Ci, którzy nie pójdą tą ścieżką, mogą odejść pracowników, którzy nie chcą wrócić, z westchnieniem ulgi, ponieważ oznacza to, że mogą uniknąć kolejnego zwolnień i odpraw, które się z tym wiążą. Dynamika wydaje się być całkowitym zwrotem sprzed roku, kiedy wielu pracowników technicznych rozważało odejście, Zwłaszcza jeśli firmy wymagały od nich powrotu do biura.

Podmuch (ed) z przeszłości

Podsycanie ogólnej paranoi i ostrożności to notatki analityków finansowych, takie jak przewidywanie „apokolipsy” lub pęknięcie bańki w aplikacjach mobilnych.

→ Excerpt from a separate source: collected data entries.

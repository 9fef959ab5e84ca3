-- ===== src/XmlPost/Body/Lines.antt =====
-- The lines of a body, and what stands for them in what `_print_body` prints.
use mathlib.Core.Path.{ap₂}
use mathlib.Core.Path.{ap₂}
use fbbs.Text.Case.{to_lower}
use fbbs.Common.{
  ◌||◌, ltb, All, ltb, All, ◌||◌, ℕ, ◌≡◌, ◌≢◌, refl, sym, ap, ◌∙◌, subst, Bool, true, false, ◌&&◌,
  not, List, [], ◌∷◌, ◌++◌, arith, ◌==◌, if◌then◌else◌, inl, inr, Bool-cases,
}
use fbbs.Common.Run.{ok}
use fbbs.Common.CString.{begins_with}
use fbbs.XmlPost.{begins_with_case, to_lower, get_line_end}
use fbbs.XmlPost.Paragraph.{Options, print_paragraph}
use fbbs.XmlPost.Body.{
  is_quote, is_signature, close_part, open_part, open_line, close_line, line_break, is_blank,
}

-- The lines of a text, each with its newline.
abbrev longer : ℕ → List (List ℕ) → List (List ℕ)
longer c [] = (c ∷ []) ∷ []
longer c (l ∷ ls) = (c ∷ l) ∷ ls

unfoldable pub lines : List ℕ → List (List ℕ)
lines [] = []
lines (c ∷ s) = let more = lines s in if c == 10 then (c ∷ []) ∷ more else longer c more

pub lines-get_line_end :
    (c : ℕ) (s : List ℕ) → lines (c ∷ s) ≡ (get_line_end (c ∷ s)).0 ∷ lines (get_line_end (c ∷ s)).1
unfolding lines get_line_end
lines-get_line_end c [] = elim (Bool-cases (c == 10)) [
  | inl newline ↦ rw newline refl
  | inr other ↦ rw other refl
]
lines-get_line_end c (d ∷ s) = elim (Bool-cases (c == 10)) [
  | inl newline ↦ rw newline refl
  | inr other ↦ rw other (ap (longer c) (lines-get_line_end d s))
]

-- "--\n"
abbrev pub signature_line : List ℕ
signature_line = 45 ∷ 45 ∷ 10 ∷ []

-- The end of a part, and the one for a signature, with its line "--".
abbrev pub signature_part : (more : List ℕ) → List ℕ
signature_part more =
    close_part ++ (open_part 115 ++ (open_line ++ (45 ∷ 45 ∷ (close_line ++ more))))

pub is_signature-eq : (l : List ℕ) → is_signature l ≡ true → l ≡ signature_line
unfolding is_signature begins_with
is_signature-eq [] h = absurd (ground (arith, h))
is_signature-eq (a ∷ []) h = absurd (ground (arith, h))
is_signature-eq (a ∷ b ∷ []) h = absurd (ground (arith, h))
is_signature-eq (a ∷ b ∷ c ∷ []) h =
    let first : a ≡ 45 = ground (arith, h) in
    let second : b ≡ 45 = ground (arith, h) in
    let third : c ≡ 10 = ground (arith, h) in rw (first, second, third) refl
is_signature-eq (a ∷ b ∷ c ∷ d ∷ s) h = absurd (ground (arith, h))

pub is_signature-ne : (l : List ℕ) → is_signature l ≡ false → l ≢ signature_line
unfolding is_signature begins_with
is_signature-ne l h e = absurd (ground (arith, sym h ∙ ap is_signature e))

-- Whether a line begins with ": " or with the bytes of "【 在 " without its first space.
abbrev pub quotes : List ℕ → Bool
quotes l =
    begins_with (58 ∷ 32 ∷ []) l
    || begins_with (0xe3 ∷ 0x80 ∷ 0x90 ∷ 0x20 ∷ 0xe5 ∷ 0x9c ∷ 0xa8 ∷ 0x20 ∷ []) l

same_letter : (p c : ℕ) → (ltb p 65 || ltb 122 p) ≡ true → (to_lower p == to_lower c) ≡ (p == c)
unfolding to_lower
same_letter p c h = ground (arith, h)

begins_with_case-begins_with :
    (ps l : List ℕ)
    → All (λ p. (ltb p 65 || ltb 122 p) ≡ true) ps
    → begins_with_case ps l ≡ begins_with ps l
unfolding begins_with_case begins_with
begins_with_case-begins_with [] l h = refl
begins_with_case-begins_with (p ∷ ps) [] h = refl
begins_with_case-begins_with (p ∷ ps) (c ∷ l) h =
    ap₂ (λ a b. a && b) (same_letter p c h.0) (begins_with_case-begins_with ps l h.1)

pub is_quote-quotes : (l : List ℕ) → is_quote l ≡ quotes l
unfolding is_quote
is_quote-quotes l =
    ap₂ (λ a b. a || b) (begins_with_case-begins_with (58 ∷ 32 ∷ []) l (refl, (refl, tt)))
      (begins_with_case-begins_with (0xe3 ∷ 0x80 ∷ 0x90 ∷ 0x20 ∷ 0xe5 ∷ 0x9c ∷ 0xa8 ∷ 0x20 ∷ []) l
        (refl, (refl, (refl, (refl, (refl, (refl, (refl, (refl, tt)))))))))

module _ (convert : List ℕ → List ℕ) (o : Options) where
  -- A line of a quote or of the signature, and what is printed for it: a line break for one of one byte or
  -- of a carriage return and one, and else its paragraph, in which images are links where the options ask for it.
  pub data Shown : (quote sig : Bool) → (line out : List ℕ) → Type 0 where
    blank :
        (quote sig : Bool) (c : ℕ)
        → Shown quote sig (c ∷ []) (open_line ++ (line_break ++ close_line))
    blank_return :
        (quote sig : Bool) (c : ℕ)
        → Shown quote sig (13 ∷ c ∷ []) (open_line ++ (line_break ++ close_line))
    text :
        (quote sig : Bool) (line shown : List ℕ)
        → ((c : ℕ) → line ≢ c ∷ [])
        → ((c : ℕ) → line ≢ 13 ∷ c ∷ [])
        → print_paragraph convert
            (record o { no_quote_img = quote && o.no_quote_img; no_sig_img = sig && o.no_sig_img })
            line
          ≡ ok shown
        → Shown quote sig line (open_line ++ (shown ++ close_line))

  pub is_blank-Shown :
      (quote sig : Bool) (line : List ℕ)
      → is_blank line ≡ true
      → Shown quote sig line (open_line ++ (line_break ++ close_line))
  unfolding is_blank
  is_blank-Shown quote sig [] h = absurd (ground (arith, h))
  is_blank-Shown quote sig (c ∷ []) h = blank quote sig c
  is_blank-Shown quote sig (c ∷ d ∷ []) h =
      let return : 13 ≡ c = ground (arith, h) in
      subst (λ x. Shown quote sig (x ∷ d ∷ []) (open_line ++ (line_break ++ close_line))) return
        (blank_return quote sig d)
  is_blank-Shown quote sig (c ∷ d ∷ e ∷ s) h = absurd (ground (arith, h))

  pub is_blank-ne : (line : List ℕ) → is_blank line ≡ false → (c : ℕ) → line ≢ c ∷ []
  unfolding is_blank
  is_blank-ne line h c e = absurd (ground (arith, sym h ∙ ap is_blank e))

  pub is_blank-ne_return : (line : List ℕ) → is_blank line ≡ false → (c : ℕ) → line ≢ 13 ∷ c ∷ []
  unfolding is_blank
  is_blank-ne_return line h c e = absurd (ground (arith, sym h ∙ ap is_blank e))

  -- The lines of a signature, up to the end of its part.
  pub data Signed : List (List ℕ) → (out : List ℕ) → Type 0 where
    signed_end : Signed [] close_part
    signed_line :
        (l : List ℕ) (ls : List (List ℕ)) (out more : List ℕ)
        → Shown false true l out
        → Signed ls more
        → Signed (l ∷ ls) (out ++ more)

  abbrev pub kind : (quote : Bool) → ℕ
  kind true = 113
  kind false = 116

  -- The lines from within a part, of a quote or not, up to the end of the last part.
  pub data InPart : (quote : Bool) → List (List ℕ) → (out : List ℕ) → Type 0 where
    part_end : (q : Bool) → InPart q [] close_part
    same_part :
        (q : Bool) (l : List ℕ) (ls : List (List ℕ)) (out more : List ℕ)
        → l ≢ signature_line
        → quotes l ≡ q
        → Shown q false l out
        → InPart q ls more
        → InPart q (l ∷ ls) (out ++ more)
    new_part :
        (q : Bool) (l : List ℕ) (ls : List (List ℕ)) (out more : List ℕ)
        → l ≢ signature_line
        → quotes l ≡ not q
        → Shown (not q) false l out
        → InPart (not q) ls more
        → InPart q (l ∷ ls) (close_part ++ (open_part (kind (not q)) ++ (out ++ more)))
    signature_hidden :
        (q : Bool) (ls : List (List ℕ))
        → o.no_sig ≡ true
        → InPart q (signature_line ∷ ls) close_part
    signature_shown :
        (q : Bool) (ls : List (List ℕ)) (more : List ℕ)
        → o.no_sig ≡ false
        → Signed ls more
        → InPart q (signature_line ∷ ls) (signature_part more)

„Definiujemy tę technologiczną bessę jako epokę, w której wydatki wymagają większego uzasadnienia w odniesieniu do [zwrotu z zainwestowanego kapitału] i [od wartości życiowej klienta do kosztu pozyskania klienta], pieniądze nie płyną już swobodnie, a bliższe podstawy mają większe znaczenie niż długoterminowe marzenie” – powiedział analityk Bernstein Mark Shmulik w złowieszczej notatce z 13 lipca.

„Problem z tym podejściem polega na tym, że firmy utknęły w środowisku o niższym wzroście, aby utrzymać marże w ryzach, co prowadzi inwestorów do kwestionowania historii wzrostu – błędnego koła zamachowego” – ostrzega Shmulik.

Nie przegap: Boom w chmurze wraca na ziemię, a to może być przerażające dla akcji spółek technologicznych

Ale Rob LoCascio, długoletni dyrektor generalny LivePerson, który przeżył kryzys na początku XXI wieku, postrzega obecne spowolnienie jako bladą imitację tego, co się wtedy wydarzyło, i raczej jako erę korekcyjną.

„Na początku 2000 roku musieliśmy zrestrukturyzować firmę w 2001 roku po zwolnieniu większości naszych pracowników, 140 ze 180, ponieważ traciliśmy klientów z godziny na godzinę”, powiedział LoCascio MarketWatch. „Połowa naszych klientów to dotcomy. Tym razem sytuacja nie jest tak straszna. Przycinamy, a nie tniemy. Tym razem giełda reaguje przesadnie.